YOUTH WORSHIP (AND I’M NOT TALKING ABOUT CHURCH CAMP)
The opposite of old is young and the latter seems to be the most highly valued time of life. The myth of a fountain of youth has been around for thousands of years. Herodotus wrote about it in the 5th century BC, and the search continues. In 2018 Americans spent $16.5 billion dollars on cosmetic surgery and $49.2 billion on cosmetics alone. Most, if not all these efforts, seem to be designed to promote a more youthful appearance, and are not confined to women alone.

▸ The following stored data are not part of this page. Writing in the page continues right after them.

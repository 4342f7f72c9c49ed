-- ===== src/Config/Checked.antt =====
-- What a configuration with no validation error guarantees to the selection.
use score_orchestrator.Base.{
  ℕ, suc, String, true, false, not, ◌&&◌, ◌≡◌, refl, ◌⊎◌, inl, inr, Option, List, [], ◌∷◌, ◌==◌,
  eq_iff, arith, is_empty, All, Bool-cases, string_ne,
}
use score_orchestrator.Api.Workload.{Workload}
use score_orchestrator.Api.Config.{OrchestratorConfig, ProfileSpec, SelectorSpec, selector_profile}
use score_orchestrator.Selection.Ranking.{SemVer}
use score_orchestrator.Selection.Ranking.Best.{HasDistinctIds}
use score_orchestrator.Selection.Pipeline.{LabelMatcher, select_backend}
use score_orchestrator.Selection.Pipeline.Profile.{HasProfile, RefersToProfiles}
use score_orchestrator.Selection.Pipeline.Selected.{IsExplained, select_backend-IsExplained}
use score_orchestrator.Config.Constraints.{FieldPath, member}
use score_orchestrator.Config.{
  class_references, metadata_errors, validate_provisioners_from, validate_profiles, profile_names,
  selector_references, validate_defaults, validate_cross_references, validate,
}
use score_orchestrator.Config.Fresh.{
  append-eq-nil, when-eq-nil, required-eq-nil, HasDistinctNames, fresh-HasDistinctNames,
  profiles-IsFresh,
}

member_name-HasProfile :
    (name : String) (ps : List ProfileSpec)
    → member name (profile_names ps) ≡ true
    → HasProfile ps name
member_name-HasProfile name [] h = cc
member_name-HasProfile name (p ∷ ps) h = elim (Bool-cases (p.name == name)) [
  | inl same ↦ (p, inl refl, (eq_iff p.name name).0 same)
  | inr differ ↦
      let (q, m, e) = member_name-HasProfile name ps (let k = h in ground arith) in (q, inr m, e)
]

-- A name that is not empty and not found is an error.
found_or_empty :
    (name : String) (ps : List ProfileSpec)
    → (not (name == "") && not (member name (profile_names ps))) ≡ false
    → (name ≡ "") ⊎ HasProfile ps name
found_or_empty name ps h = elim (Bool-cases (name == "")) [
  | inl empty ↦ inl ((eq_iff name "").0 empty)
  | inr filled ↦ elim (Bool-cases (member name (profile_names ps))) [
    | inl found ↦ inr (member_name-HasProfile name ps found)
    | inr missing ↦ absurd (ground arith)
  ]
]

selectors_found :
    (i : ℕ) (ss : List SelectorSpec) (ps : List ProfileSpec)
    → selector_references i ss (profile_names ps) ≡ []
    → All (λ s. (selector_profile s ≡ "") ⊎ HasProfile ps (selector_profile s)) ss
unfolding selector_references
selectors_found i [] ps h = tt
selectors_found i (s ∷ ss) ps h =
    let (own, rest) = append-eq-nil _ _ h in
    (
      found_or_empty (selector_profile s) ps (when-eq-nil _ _ own),
      selectors_found (suc i) ss ps rest,
    )

-- The profiles of a configuration: there is a backend in each, no two of which have the same id, and
-- no two profiles have the same name.
abbrev pub HasProfiles : List ProfileSpec → Type 0
HasProfiles ps =
    HasDistinctNames ps × All (λ p. (is_empty p.backends ≡ false) × HasDistinctIds p.backends) ps

profiles_valid :
    (dns_errors : String → Option String) (ps : List ProfileSpec) (path : FieldPath)
    → validate_profiles dns_errors ps path ≡ []
    → HasProfiles ps
unfolding validate_profiles
profiles_valid dns_errors ps path h =
    let (filled, rest) = required-eq-nil (is_empty ps) _ _ h in
    let (fresh, distinct) = profiles-IsFresh dns_errors 0 ps path [] [] rest in
    (fresh-HasDistinctNames [] ps fresh, distinct)

references_valid :
    (config : OrchestratorConfig)
    → (config.spec.defaults.profile == "") ≡ false
    → validate_cross_references config ≡ []
    → RefersToProfiles config.spec
unfolding validate_cross_references
references_valid config filled h =
    let (before, classes) = append-eq-nil _ (class_references 0 config.spec.provisioners) h in
    let (default, selectors) =
      append-eq-nil _
        (selector_references 0 config.spec.defaults.selectors (profile_names config.spec.profiles))
        before in
    let set = string_ne config.spec.defaults.profile "" filled in
    record {
      default_set = set;
      default_exists =
          elim (found_or_empty config.spec.defaults.profile config.spec.profiles
            (when-eq-nil _ _ default)) [ inl empty ↦ absurd (set empty) | inr found ↦ found ];
      selectors_exist =
          selectors_found 0 config.spec.defaults.selectors config.spec.profiles selectors;
    }

default_filled :
    (config : OrchestratorConfig) (path : FieldPath)
    → validate_defaults config.spec.defaults path ≡ []
    → (config.spec.defaults.profile == "") ≡ false
unfolding validate_defaults
default_filled config path h =
    when-eq-nil (config.spec.defaults.profile == "") _ (append-eq-nil _ _ h).0

-- A configuration that is validated with no error refers by its defaults to profiles that it has, with
-- a default profile that is set; its profiles have distinct names, and each has a backend, with an id
-- of its own.
pub validate_lem :
    (dns_errors : String → Option String) (config : OrchestratorConfig)
    → validate dns_errors config ≡ []
    → RefersToProfiles config.spec × HasProfiles config.spec.profiles
unfolding validate
validate_lem dns_errors config h =
    let (before, references) = append-eq-nil _ (validate_cross_references config) h in
    let (before', defaults) = append-eq-nil _ (validate_defaults config.spec.defaults _) before in
    let (before'', provisioners) =
      append-eq-nil _ (validate_provisioners_from 0 config.spec.provisioners _ []) before' in
    let (metadata, profiles) =
      append-eq-nil (metadata_errors config) (validate_profiles dns_errors config.spec.profiles _)
        before'' in
    (
      references_valid config (default_filled config _ defaults) references,
      profiles_valid dns_errors config.spec.profiles _ profiles,
    )

-- For a configuration that is validated with no error, the selection of any workload returns the
-- best backend of the selected profile that admits it, or fails because the selection of the
-- profile does, or because no backend of the selected profile admits it.
pub validate-IsExplained :
    (dns_errors : String → Option String) (config : OrchestratorConfig) (semver : SemVer)
    (matcher : LabelMatcher) (w : Workload)
    → validate dns_errors config ≡ []
    → IsExplained semver matcher w config (select_backend semver matcher config w)
validate-IsExplained dns_errors config semver matcher w h =
    select_backend-IsExplained semver matcher w config (validate_lem dns_errors config h).0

The worship of youthfulness is not the exclusive province of those with idyllic childhoods, for many of my patients who had endured horrific experiences as kids also did what they could to present a youthful appearance. People who choose healthy lifestyles in order to promote longevity are to be admired, but I daresay there is a much larger group who are more preoccupied with how they look, and in particular with all those drooping and wrinkling tell tale signs they are getting old. The question arises as to whether they are trying to fool the world or themselves. After all, an appointment with the grim reaper looms larger each day, as the walls of denial crumble.
90 on the HORIZON
When my age is revealed I often get the response: “You don’t look that old.” I don’t know if I should thank them, apologize, or be insulted. In a couple of months, I expect to have completed 9 decades of residence on this planet and get ready to start my 10th, and the kids are already planning to make a big deal of it. For no particular reason other than we have used the decimal system for a few thousand years, we tend to make a big deal out of any figure which ends with a zero. Birthdays have always been a mixed blessing for me because my son has the same birthday, and I have always felt that my birthday took something away from his celebration. It has never seemed that he should have to share a cake.
Although 90 years seems like a long time, in my case it is not nearly enough, and I would like a bit more. I first became interested in this phenomenon we call life about 75 years ago and it became my life’s work. In spite of the monumental discoveries of the past century, it remains a wondrous mystery, and I am convinced that a total understanding of its complexities is beyond our ability to comprehend. No doubt, I will continue to complain about the vicissitudes of old age (how else could I get any sympathy) in spite of having witnessed first-hand suffering far beyond what I can even comprehend, not to mention the horrors endured by millions of others around the world. Indeed, it is clear that I can no longer deny that I am O-L-D, but it has caught me by surprise for it happened overnight. Little did I know when I first saw light on that autumn day in the midst of the Great Depression that I had hit the mother lode and was destined to be blessed with the most wonderful life imaginable.
By the way, does anyone know how to blow out candles while wearing a mask?